If it’s numbers you want …

When marketing is in total and complete service of sales, it is very easy to fall into traps.

You get what you reward, after all. And if it is numbers you are after, you will find somebody who can sell them to you, or somebody who can induce you to believe in a new made up trend, or again somebody going rogue who will ask you for a ransom to get back what is yours in the first place.

I have written about this before, but the intensity of this collective allucination is baffling. Marketing is about experience and relationships, and the only way you can build a great relationship is by continuosly looking at quantitative and qualitative data combined.

When is the last time you have talked to one of your customers?
When did you spend half a day skimming through reviews?
When have you done something that does not scale, just to impress one single member of your audience?
When did you use Voice of Customer to make an important decision about your next campaign?

We all get to measure [success] differently. You know how many people in here are all about math, conversion, and quantity? You know what that’s called? That’s called salespeople. Marketing and branding doesn’t get measured by the hour. For me, how I measure it is “how do I feel about where I am positioned?”, “how well is my company doing?”, “how well is my speaking requests coming in?”, “how many people are watching my stuff?”. But I don’t measure it on a tactical day-to-day, it’s an overall feeling of a vibe, intuition, and some baseline metrics. Many people are into landing page optimisation, and by the way that shit works, but that’s sales. People did not come here to see me speak because I cookie them, and target them with my message. It’s because I give them value, and they hope to get even more value from seeing me speaking live. This is branding.

Gary Vaynerchuk, see also this article

Here is what we do

When you go on a first date, you are not expected to discuss the most intimate recesses of your mind, nor your most embarassing habits. At the same time, if after being married to a person for few years you would find it difficult to open up and you would refuse to discuss yours and your partner’s feelings, that would sound strange.

Yet, more often than not, when a company approaches its customers, there’s one level to the conversation: here is what we do.

For awareness: (since you don’t know) here is what we do.
For acquisition: here is what we do (we know you are interested).
For activation: here is (a taste of) what we do.
For retention: here is (more of) what we do.
For revenue: here is (how much) what we do (costs).
For referral: here is what we do (tell others, pretty please!).

This is a strategy that would not work in any kind of relationships under the sun. And we expect it to work in a business setting, because for some reasons people are extremely more rational when they wear a suit than when they are in their pijamas. If we only get the chance to tell them once more about what we do, they’ll certainly be convinced!

How broken is this?


Either-or

When you broadcast a message, some will get it and subscribe, while others will resist it and deny it.

You can either foster and engage with those who get it, or you can attempt to convince and prove wrong those who resist it. Sometimes it will look like you are doing both at the same time, but do not fall for it. It’s either one or the other.

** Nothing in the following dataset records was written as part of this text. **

-- ===== src/Disk/Pages.antt =====
-- What the pages of src/storage/disk/disk_manager.rs hold, over a file whose operations succeed.
use oxtub.Base.{
  ℕ, ◌+◌, ◌≡◌, refl, ap, sym, ◌∙◌, subst, true, Option, none, some, List, ◌∷◌, length, ◌==◌, arith,
  ◌≢◌, ok, err,
}
use mathlib.Core.Option.{some-injective}
use oxtub.Base.Assoc.{
  get, insert, remove, get-insert_self, get-insert_ne, get-remove_self, get-remove_ne,
}
use oxtub.Disk.Manager.{
  DiskManager, FileOps, default_page_size, page_not_found, offset_or_new, read_page, write_page,
  delete_page, free_offset,
}
use oxtub.Disk.Slots.{SlotsInv, Slot, free-SlotsInv}
use oxtub.Disk.Files.{Apart, FileLaws, DiskInv, bytes_at, view}
use oxtub.Disk.Places.{Placed, place, Placed-inside}

module _ {F : Type 0} ⦃file : FileOps F⦄ (laws : FileLaws F file) where
  -- Two offsets of slots are a page apart.
  slots-Apart : (m n a b : ℕ) → Slot m a → Slot n b → a ≢ b → Apart a b
  slots-Apart m n a b s t ne = ground (arith, s.0, t.0)

  write_steps :
      (dm dm' : DiskManager F) (id off : ℕ) (bytes : List ℕ) (g h : F)
      → length bytes ≡ default_page_size
      → offset_or_new (get id dm.pages) dm ≡ (ok off, dm')
      → file.write_at dm'.db_file_handle off bytes ≡ (true, g)
      → file.flush g ≡ (true, h)
      → write_page id bytes dm
        ≡ (ok tt, record dm' { pages = insert id off dm'.pages; db_file_handle = h })
  unfolding write_page
  write_steps dm dm' id off bytes g h e placed written flushed =
      let size : (length bytes == default_page_size) ≡ true = ground arith in
      simp (size, placed, written, flushed)

  read_steps :
      (dm dm' : DiskManager F) (id off : ℕ) (bytes : List ℕ) (g : F)
      → offset_or_new (get id dm.pages) dm ≡ (ok off, dm')
      → file.read_at dm'.db_file_handle off ≡ (some bytes, g)
      → read_page id default_page_size dm
        ≡ (ok bytes, record dm' { pages = insert id off dm'.pages; db_file_handle = g })
  unfolding read_page
  read_steps dm dm' id off bytes g placed got = simp (placed, got)

  -- The state once the page is entered, over a file `g` that differs from the one before at the
  -- page only.
  entered-DiskInv :
      (dm dm' : DiskManager F) (id off : ℕ) (g : F)
      → Placed laws dm id off dm'
      → laws.size g ≡ laws.size dm'.db_file_handle
      → DiskInv laws (record dm' { pages = insert id off dm'.pages; db_file_handle = g })
  entered-DiskInv dm dm' id off g p size = record {
    slots =
        subst (λ x. SlotsInv dm'.page_capacity (insert id off x) dm'.free_slots) (sym p.pages)
          p.slots;
    capacity = p.capacity;
    long = omega (arith, p.long, size);
  }

  entered-view :
      (dm dm' : DiskManager F) (id off : ℕ) (g : F)
      → Placed laws dm id off dm'
      → view laws (record dm' { pages = insert id off dm'.pages; db_file_handle = g }) id
        ≡ some (laws.content g off)
  entered-view dm dm' id off g p = rw (get-insert_self id off dm'.pages) refl

  entered-others :
      (dm dm' : DiskManager F) (id off : ℕ) (g : F)
      → Placed laws dm id off dm'
      → ((o : ℕ) → Apart off o → laws.content g o ≡ laws.content dm'.db_file_handle o)
      → (j : ℕ) → id ≢ j
      → view laws (record dm' { pages = insert id off dm'.pages; db_file_handle = g }) j
        ≡ view laws dm j
  entered-others dm dm' id off g p same j ne =
      rw (get-insert_ne id j off dm'.pages ne) (rw p.pages (go (get j dm.pages) refl))
    where
      go :
          (m : Option ℕ)
          → get j dm.pages ≡ m
          → bytes_at laws m g ≡ bytes_at laws m dm.db_file_handle
      go none e = refl
      go (some o) e =
          let there = get-insert_ne id j off dm.pages ne ∙ e in
          let own = get-insert_self id off dm.pages in
          let n = length (insert id off dm.pages) + length dm'.free_slots in
          ap some (
            same o (
              slots-Apart n n off o (p.slots.paged id off own) (p.slots.paged j o there)
                (λ eq. ne (p.slots.alone id j off own (there ∙ ap some (sym eq)))))
            ∙ p.kept j o e)

  -- In a manager that keeps the invariant, over a file whose operations succeed, `write_page` of one
  -- page of bytes succeeds: the invariant still holds, the page then holds the bytes, whether it was
  -- allocated or not, and no other page changes.
  pub write_page-view :
      (dm : DiskManager F) (id : ℕ) (bytes : List ℕ)
      → DiskInv laws dm
      → length bytes ≡ default_page_size
      → (dm' : DiskManager F) × (write_page id bytes dm ≡ (ok tt, dm'))
        × DiskInv laws dm'
        × (view laws dm' id ≡ some bytes)
        × ((j : ℕ) → id ≢ j → view laws dm' j ≡ view laws dm j)
  write_page-view dm id bytes v e =
      let (off, mid, placed, p) = place laws dm id v in
      let inside = Placed-inside laws dm mid id off p in
      let (g, written, size, holds, others) =
        laws.write_works mid.db_file_handle off bytes e inside in
      let (h, flushed, size', same) = laws.flush_works g in
      (
        record mid { pages = insert id off mid.pages; db_file_handle = h },
        write_steps dm mid id off bytes g h e placed written flushed,
        entered-DiskInv dm mid id off h p (size' ∙ size),
        entered-view dm mid id off h p ∙ ap some (same off ∙ holds),
        entered-others dm mid id off h p (λ o a. same o ∙ others o a),
      )

  -- In a manager that keeps the invariant, over a file whose operations succeed, `read_page` into a
  -- buffer of one page succeeds: the invariant still holds, the result is what the page then holds,
  -- which is what it held if it was allocated, and no other page changes.
  pub read_page-view :
      (dm : DiskManager F) (id : ℕ)
      → DiskInv laws dm
      → (bytes : List ℕ) × (dm' : DiskManager F) × (read_page id default_page_size dm
          ≡ (ok bytes, dm'))
        × DiskInv laws dm'
        × (view laws dm' id ≡ some bytes)
        × ((b : List ℕ) → view laws dm id ≡ some b → bytes ≡ b)
        × ((j : ℕ) → id ≢ j → view laws dm' j ≡ view laws dm j)
  read_page-view dm id v =
      let (off, mid, placed, p) = place laws dm id v in
      let inside = Placed-inside laws dm mid id off p in
      let (g, got, size, same) = laws.read_works mid.db_file_handle off inside in
      (
        laws.content mid.db_file_handle off,
        record mid { pages = insert id off mid.pages; db_file_handle = g },
        read_steps dm mid id off (laws.content mid.db_file_handle off) g placed got,
        entered-DiskInv dm mid id off g p size,
        entered-view dm mid id off g p ∙ ap some (same off),
        λ b h. go (get id dm.pages) refl off mid placed p b h,
        entered-others dm mid id off g p (λ o _. same o),
      )
    where
      go :
          (m : Option ℕ)
          → get id dm.pages ≡ m
          → (off : ℕ) (mid : DiskManager F) → offset_or_new (get id dm.pages) dm ≡ (ok off, mid)
          → Placed laws dm id off mid
          → (b : List ℕ) → bytes_at laws (get id dm.pages) dm.db_file_handle ≡ some b
          → laws.content mid.db_file_handle off ≡ b
      go none e off mid placed p b h = absurd (cc (rw e at h))
      go (some o) e off mid placed p b h =
          let held : some (laws.content dm.db_file_handle o) ≡ some b = rw e at h in
          let there : (ok o, dm) ≡ (ok off, mid) = rw e at placed in
          let same : off ≡ o = cc in
          ap (laws.content mid.db_file_handle) same ∙ p.kept id o e ∙ some-injective _ _ held

  -- In a manager that keeps the invariant, `delete_page` of an allocated page succeeds: the invariant
  -- still holds, the page is gone and no other page changes; of any other page it is
  -- `PageNotFound`, and nothing changes.
  pub delete_page-view :
      (dm : DiskManager F) (id : ℕ)
      → DiskInv laws dm
      → (view laws dm id ≡ none → delete_page id dm ≡ (err (page_not_found id), dm))
        × ((b : List ℕ)
            → view laws dm id ≡ some b
            → (dm' : DiskManager F) × (delete_page id dm ≡ (ok tt, dm'))
              × DiskInv laws dm'
              × (view laws dm' id ≡ none)
              × ((j : ℕ) → id ≢ j → view laws dm' j ≡ view laws dm j))
  unfolding delete_page
  delete_page-view dm id v = (missing (get id dm.pages) refl, present (get id dm.pages) refl)
    where
      missing :
          (m : Option ℕ)
          → get id dm.pages ≡ m
          → bytes_at laws m dm.db_file_handle ≡ none
          → free_offset id m dm ≡ (err (page_not_found id), dm)
      missing none e h = refl
      missing (some off) e h = cc

      present :
          (m : Option ℕ)
          → get id dm.pages ≡ m
          → (b : List ℕ) → bytes_at laws m dm.db_file_handle ≡ some b
          → (dm' : DiskManager F) × (free_offset id m dm ≡ (ok tt, dm'))
            × DiskInv laws dm'
            × (view laws dm' id ≡ none)
            × ((j : ℕ) → id ≢ j → view laws dm' j ≡ view laws dm j)
      present none e b h = cc
      present (some off) e b h = (
        record dm { pages = remove id dm.pages; free_slots = off ∷ dm.free_slots },
        refl,
        record {
          slots = free-SlotsInv dm.page_capacity dm.pages off dm.free_slots id v.slots e;
          capacity = v.capacity;
          long = v.long;
        },
        ap (λ m. bytes_at laws m dm.db_file_handle) (get-remove_self id dm.pages v.slots.distinct),
        λ j ne.
            ap (λ m. bytes_at laws m dm.db_file_handle)
              (get-remove_ne id j dm.pages v.slots.distinct ne),
      )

Spend your limited time wisely.

Unrealized potential

Customer service should be a function of marketing.

It’s an opportunity to establish a personal relationship with the customer, right in the moment when the customer wants to speak to you and is willing to provide information about their experience.

Not only.

If an organisation is smart enough to mine the information collected from customer service interactions and analyse them qualitatively (sentiment, voice of customer, etc.) rather than quantitatively (first rime response, contact rate, etc.), a treasure trove of customers insights could be found, good to use in messaging, positioning, differentiation, price and promotion, and more.

Customer service has the potential to become a true channel for personalisation, as well as the source from which all other personalisations originate.

Targeting millennials

Few years ago, during an hiring process, I was asked to come up with ideas to improve how the company was presenting the product to prospects. I decided to title the presentation I put together “targeting millennials”.

The presentation featured few suggestions that still today I believe would have benefited the company, but of course the very same idea of “targeting millennials” is nonsensical.

“Millennials” is a wide group of people that has in common only the fact of being born between 1980s and 1990s. Sure, there are some similar traits, a shared cultural background, some icons everyone from those years can relate to. And yet unless your product is really, truly a mass product, targeting a generation is as ineffective as and article about knitting on the front page of the Financial Times.

A better way to approach the assignment would have been asking “why do people buy this product?” (instead of “what type of people buy this product?”, as it typically happens when targeting based on demographics).

I was out of the hiring process after this stage, and to be honest I think they did take a sensible decision.